Buying and selling large amounts of Bitcoins at BRR
To begin demonstrating the replicability—or to use another term, the achievability—of the strategy presented in this paper for purchasing Bitcoin ‘at scale’, observations taken whilst modelling the purchase or sale of a notional large amount of Bitcoin are presented below. It was decided that the purchase or sale of 85 Bitcoins (c. $2.5M at prevailing prices) was at an adequate scale to represent a large Bitcoin trade of the kind that institutional traders might need to undertake for a client, or that an issuer of a financial product (such as an ETF or a derivative) would be required to execute on any given day, in order to facilitate trading of that product. A simple replication simulation was thereby conducted to demonstrate the extent of slippage that implementation of the BRR would probably encounter. Given the purpose is to demonstrate institutionally sized liquidity, the simulation was conducted for weekdays only.

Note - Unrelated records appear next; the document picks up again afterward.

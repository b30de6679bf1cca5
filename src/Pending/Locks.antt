-- ===== src/Pending/Locks.antt =====
-- The jars that a call locks for its callback (contract/src/feature/withdraw, restake).
use sweat_jar.Base.{
  ℕ, ◌≤◌, ◌≡◌, refl, sym, ap, ◌∙◌, true, Bool-cases, inl, inr, some, List, [], ◌∷◌, arith, String,
  All, str_eq, length, take, drop, take-append-drop, zero, suc,
}
use sweat_jar.Base.Dict.{lookup, lookup-insert, lookup-insert_self}
use sweat_jar.Base.Ensures.{Ensures, returns, after, weaken}
use sweat_jar.Jar.{Deposit, Jar}
use sweat_jar.Jar
use sweat_jar.Jar.Liquid.{principal_sum}
use sweat_jar.Account.{Account, get_jar, put_jar}
use sweat_jar.Contract.{Contract}
use sweat_jar.Withdraw.{WithdrawalRequest, lock_requested}
use sweat_jar.Restake.{lock_partitions}
use sweat_jar.Book.{jar_page}
use sweat_jar.Held.Slots.{request_slots}
use sweat_jar.Ledger.Partitions.{covered, IsBounded, IsListed}
use sweat_jar.Ledger.Pages.{IsSame, put_jar-IsSame, IsSame-trans}
use sweat_jar.Pending.{IsCounted}

-- The listed jars are there, and locked.
abbrev pub IsReady : List (String × ℕ) → Account → Type 0
IsReady ps a = All (λ e. (jar : Jar) × (lookup e.0 a.jars ≡ some jar) × (jar.is_locked ≡ true)) ps

put_locked-IsReady :
    (ps : List (String × ℕ)) (a : Account) (j : String) (jar' : Jar)
    → jar'.is_locked ≡ true
    → IsReady ps a
    → IsReady ps (put_jar a j jar')
unfolding put_jar
put_locked-IsReady [] a j jar' locked h = tt
put_locked-IsReady (e ∷ ps) a j jar' locked ((jar, found, is), h) = (
  elim (Bool-cases (str_eq j e.0)) [
    | inl same ↦ (jar', rw (lookup-insert j e.0 jar' a.jars, same) refl, locked)
    | inr other ↦ (jar, rw (lookup-insert j e.0 jar' a.jars, other) found, is)
  ],
  put_locked-IsReady ps a j jar' locked h,
)

put_locked-lookup :
    (a : Account) (j : String) (jar' : Jar)
    → jar'.is_locked ≡ true
    → (jar : Jar) × (lookup j (put_jar a j jar').jars ≡ some jar) × (jar.is_locked ≡ true)
unfolding put_jar
put_locked-lookup a j jar' locked = (jar', lookup-insert_self j jar' a.jars, locked)

pub lock_partitions-IsReady :
    (ps qs : List (String × ℕ)) (a : Account)
    → IsReady qs a
    → Ensures (λ b. IsSame a b × IsReady ps b × IsReady qs b) (lock_partitions a ps)
unfolding lock_partitions Jar.lock
lock_partitions-IsReady [] qs a h = returns a ((λ _. refl, refl, λ u. u), tt, h)
lock_partitions-IsReady ((id, n) ∷ ps) qs a h = after (get_jar a id) _ λ jar e.
    let a' = put_jar a id (Jar.lock jar) in
    weaken
      (λ b (same, ready, (one, rest)).
        (IsSame-trans a a' b (put_jar-IsSame a id (Jar.lock jar) e refl) same, (one, ready), rest))
      (lock_partitions-IsReady ps ((id, n) ∷ qs) a' (
        put_locked-lookup a id (Jar.lock jar) refl,
        put_locked-IsReady qs a id (Jar.lock jar) refl h,
      ))

pub lock_requested-IsReady :
    (rs : List WithdrawalRequest) (qs : List (String × ℕ)) (a : Account)
    → IsReady qs a
    → Ensures (λ b. IsSame a b × IsReady (request_slots rs) b × IsReady qs b) (lock_requested a rs)
unfolding lock_requested Jar.lock
lock_requested-IsReady [] qs a h = returns a ((λ _. refl, refl, λ u. u), tt, h)
lock_requested-IsReady (r ∷ rs) qs a h = after (get_jar a r.product_id) _ λ jar e.
    let id = r.product_id in
    let a' = put_jar a id (Jar.lock jar) in
    weaken
      (λ b (same, ready, (one, rest)).
        (IsSame-trans a a' b (put_jar-IsSame a id (Jar.lock jar) e refl) same, (one, ready), rest))
      (lock_requested-IsReady rs ((id, r.partition_index) ∷ qs) a' (
        put_locked-lookup a id (Jar.lock jar) refl,
        put_locked-IsReady qs a id (Jar.lock jar) refl h,
      ))

pub length-take : (n : ℕ) (ds : List Deposit) → n ≤ length ds → length (take n ds) ≡ n
length-take zero ds h = refl
length-take (suc n) [] h = omega arith
length-take (suc n) (d ∷ ds) h = ap suc (length-take n ds (omega arith))

-- Jars that are locked with the counted deposits at their front.
pub ready-IsCounted :
    (pages : String → List Deposit) (c : Contract) (id : String) (b : Account)
    (ps : List (String × ℕ)) (total : ℕ)
    → lookup id c.accounts ≡ some b
    → IsListed pages ps b
    → IsBounded pages ps
    → covered pages ps ≡ total
    → IsReady ps b
    → IsCounted c id ps total
unfolding covered jar_page
ready-IsCounted pages c id b [] total found listed bounds sum ready = sym sum
ready-IsCounted pages c id b ((p, n) ∷ ps) total found (page, listed) (bound, bounds) sum
      ((jar, has, locked), ready) =
    let deposits : jar.deposits ≡ pages p = ap jar_page (sym has) ∙ page in
    let front = take n jar.deposits in
    (
      front,
      covered pages ps,
      (
        b,
        found,
        (jar, has, (locked, (drop n jar.deposits, sym (take-append-drop n jar.deposits)))),
      ),
      length-take n jar.deposits (omega (arith, ap length deposits)),
      omega (arith, sum, ap (λ ds. principal_sum (take n ds)) deposits),
      ready-IsCounted pages c id b ps (covered pages ps) found listed bounds refl ready,
    )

- Trades are executed on n (5) Constituent Exchanges, during a 3,600-second window
- One trade is executed every second and the price achieved is assumed to be the last execution price observed in that second. Its associated volume is assumed to be the volume executed during that second
- If no trade is completed in any single-second period, then the price achieved is assumed to be the price achieved in the previous second, but the associated volume from the previous second is not added to the volume executed in the latest second
It is worth noting that in the ‘real world’, institutions deploy algorithmic systems to execute large-scale asset purchases. It is highly probable that conducting the exercise presented here by means of algorithmic systems would have produced outcomes that are even more favourable. For research purposes, a simplified simulation methodology was favoured to demonstrate the replicability properties of the BRR.
The results of this exercise are displayed in Figure 4 and summary data provided in Table 3. As can be seen, the BRR can be replicated with a high degree of confidence and usually with slippage of no more than 1 basis point. Indeed, even on the most volatile of days slippage was only 12 basis points. Furthermore, in the 15 month period under observation only twice would slippage have been in double-digit basis points.
From the analysis conducted it is quite clear that the CME CF Bitcoin Reference Rate exhibits all the key properties required of a benchmark.
Representative: Bitcoin-USD markets that are operated by the CME CF Constituent Exchanges during 1500 to 1600 London time are liquid, with sufficient volume of trading to represent the market in a robust manner.
Resistant to Manipulation: Its Constituent Exchange Criteria ensures that it takes input data only from cryptocurrency exchanges that exhibit fair and orderly behaviour, where trading shows strong price correlations amongst each other. On top of this, the methodology the BRR employs nullifies effects of any manipulation, and the Administrator’s policies and processes regarding surveillance ensure that any manipulation is detected.
Replicable: Its methodology promotes replicability, allowing users to replicate the benchmark simply and without undue risks.